- Subjective: In this section, you need to document the patient’s personal and medical history. You should ask the patient to describe their gastrointestinal symptoms. Include the duration, intensity, and onset of symptoms. Also, you should ask the patient about their other medical conditions, past surgeries, medication, and family history.
- Documentation of physical assessments findings. Record the patient’s vital signs, such as temperature, blood pressure, heart rate, and respiratory rate. Perform a complete abdominal exam, which includes auscultation and palpation. Take note of any pertinent findings such as abdominal swelling, tenderness, and masses.
- Assessment: Based on the patient’s symptoms and physical examination, list a minimum of three possible differential diagnoses. They should be listed from the highest priority down to the lowest. Explain the reason you selected your primary diagnosis.
- This section outlines your diagnostic and primary diagnosis plan.
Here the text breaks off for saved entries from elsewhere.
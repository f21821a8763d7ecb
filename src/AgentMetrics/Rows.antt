-- ===== src/AgentMetrics/Rows.antt =====
-- internal/store/agent_metrics.go: rows of aggregated metrics, by what holds of all of them.
use whatsupp.Base.{◌≡◌, refl, Bool, true, false, List, [], ◌∷◌, keep_if, Bool-cases, inl, inr, All}
use whatsupp.AgentMetrics.{
  AgentMetricSummary, Held, same_key, add_to_groups, group_rows, upsert, upsert_all,
}

module _ {V : Type 0} where
  -- No row has the key of one before it.
  abbrev pub Unique : List (AgentMetricSummary V) → Type 0
  Unique [] = Unit
  Unique (s ∷ rows) = All (λ q. same_key q s ≡ false) rows × Unique rows

  module _ {ℓ} (P : AgentMetricSummary V → Type ℓ) where
    pub upsert-All :
        (s : AgentMetricSummary V) (table : List (AgentMetricSummary V))
        → P s
        → All P table
        → All P (upsert s table)
    unfolding upsert
    upsert-All s [] p ps = (p, tt)
    upsert-All s (q ∷ table) p (pq, ps) = elim (Bool-cases (same_key q s)) [
      | inl same ↦ rw (same, upsert) (p, ps)
      | inr other ↦ rw (other, upsert) (pq, upsert-All s table p ps)
    ]

    pub upsert_all-All :
        (rows table : List (AgentMetricSummary V))
        → All P rows
        → All P table
        → All P (upsert_all rows table)
    unfolding upsert_all
    upsert_all-All [] table ps qs = qs
    upsert_all-All (s ∷ rows) table (p, ps) qs =
        upsert_all-All rows (upsert s table) ps (upsert-All s table p qs)

    pub All-Held :
        (rows : List (AgentMetricSummary V))
        → ((s : AgentMetricSummary V) → Held s rows → P s)
        → All P rows
    All-Held [] f = tt
    All-Held (s ∷ rows) f = (f s (inl refl), All-Held rows (λ q h. f q (inr h)))

    pub Held-All :
        (s : AgentMetricSummary V) (rows : List (AgentMetricSummary V))
        → All P rows
        → Held s rows
        → P s
    Held-All s [] ps h = absurd h
    Held-All s (q ∷ rows) (p, ps) (inl e) = rw (← e) p
    Held-All s (q ∷ rows) (p, ps) (inr h) = Held-All s rows ps h

    pub All-keep_if :
        (t : AgentMetricSummary V → Bool) (rows : List (AgentMetricSummary V))
        → ((s : AgentMetricSummary V) → Held s rows → t s ≡ true → P s)
        → All P (keep_if t rows)
    All-keep_if t [] f = tt
    All-keep_if t (s ∷ rows) f =
        let rest = All-keep_if t rows (λ q h. f q (inr h)) in
        elim (Bool-cases (t s)) [
          | inl passed ↦ rw passed (f s (inl refl) passed, rest)
          | inr gone ↦ rw gone rest
        ]

    pub All-kept :
        (t : AgentMetricSummary V → Bool) (rows : List (AgentMetricSummary V))
        → All P rows
        → All P (keep_if t rows)
    All-kept t [] ps = tt
    All-kept t (s ∷ rows) (p, ps) =
        let rest = All-kept t rows ps in
        elim (Bool-cases (t s)) [ inl passed ↦ rw passed (p, rest) | inr gone ↦ rw gone rest ]

    pub add_to_groups-heads :
        (s : AgentMetricSummary V) (gs : List (AgentMetricSummary V × List (AgentMetricSummary V)))
        → P s
        → All (λ g. P g.0) gs
        → All (λ g. P g.0) (add_to_groups s gs)
    unfolding add_to_groups
    add_to_groups-heads s [] p ps = (p, tt)
    add_to_groups-heads s ((g, rest) ∷ gs) p (q, ps) = elim (Bool-cases (same_key g s)) [
      | inl same ↦ rw (same, add_to_groups) (p, ps)
      | inr other ↦ rw (other, add_to_groups) (q, add_to_groups-heads s gs p ps)
    ]

    pub group_rows-heads :
        (rows : List (AgentMetricSummary V)) → All P rows → All (λ g. P g.0) (group_rows rows)
    unfolding group_rows
    group_rows-heads [] ps = tt
    group_rows-heads (s ∷ rows) (p, ps) =
        add_to_groups-heads s (group_rows rows) p (group_rows-heads rows ps)

  pub Unique-keep_if :
      (t : AgentMetricSummary V → Bool) (rows : List (AgentMetricSummary V))
      → Unique rows
      → Unique (keep_if t rows)
  Unique-keep_if t [] u = tt
  Unique-keep_if t (s ∷ rows) (u, us) =
      let rest = Unique-keep_if t rows us in
      elim (Bool-cases (t s)) [
        | inl passed ↦ rw passed (All-kept (λ q. same_key q s ≡ false) t rows u, rest)
        | inr gone ↦ rw gone rest
      ]

  -- A row without its like in the groups is a group of its own.
  pub add_to_groups-new :
      (P : AgentMetricSummary V × List (AgentMetricSummary V) → Type 0) (s : AgentMetricSummary V)
      (gs : List (AgentMetricSummary V × List (AgentMetricSummary V)))
      → All (λ g. same_key g.0 s ≡ false) gs
      → P (s, [])
      → All P gs
      → All P (add_to_groups s gs)
  unfolding add_to_groups
  add_to_groups-new P s [] u p ps = (p, tt)
  add_to_groups-new P s ((g, rest) ∷ gs) (u, us) p (q, ps) =
      rw (u, add_to_groups) (q, add_to_groups-new P s gs us p ps)

  pub group_rows-single :
      (Q : AgentMetricSummary V → Type 0) (rows : List (AgentMetricSummary V))
      → Unique rows
      → All Q rows
      → All (λ g. (g.1 ≡ []) × Q g.0) (group_rows rows)
  unfolding group_rows
  group_rows-single Q [] u qs = tt
  group_rows-single Q (s ∷ rows) (u, us) (q, qs) =
      add_to_groups-new (λ g. (g.1 ≡ []) × Q g.0) s (group_rows rows)
        (group_rows-heads (λ g. same_key g s ≡ false) rows u) (refl, q)
        (group_rows-single Q rows us qs)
List all the tests you’d order such as imaging tests, blood tests or endoscopies. Explain why you ordered these tests. Your plan should include both non-pharmacologic treatment options and pharmacologic ones, as well as alternative therapies and parameters for follow-up.
- This section is for reflection. In it, you should reflect upon your evaluation of the patient and what would be different if it were to happen again.
Please use the Episodic/Focused Template for your notes and make sure to include any documentation you need to finish the assignment.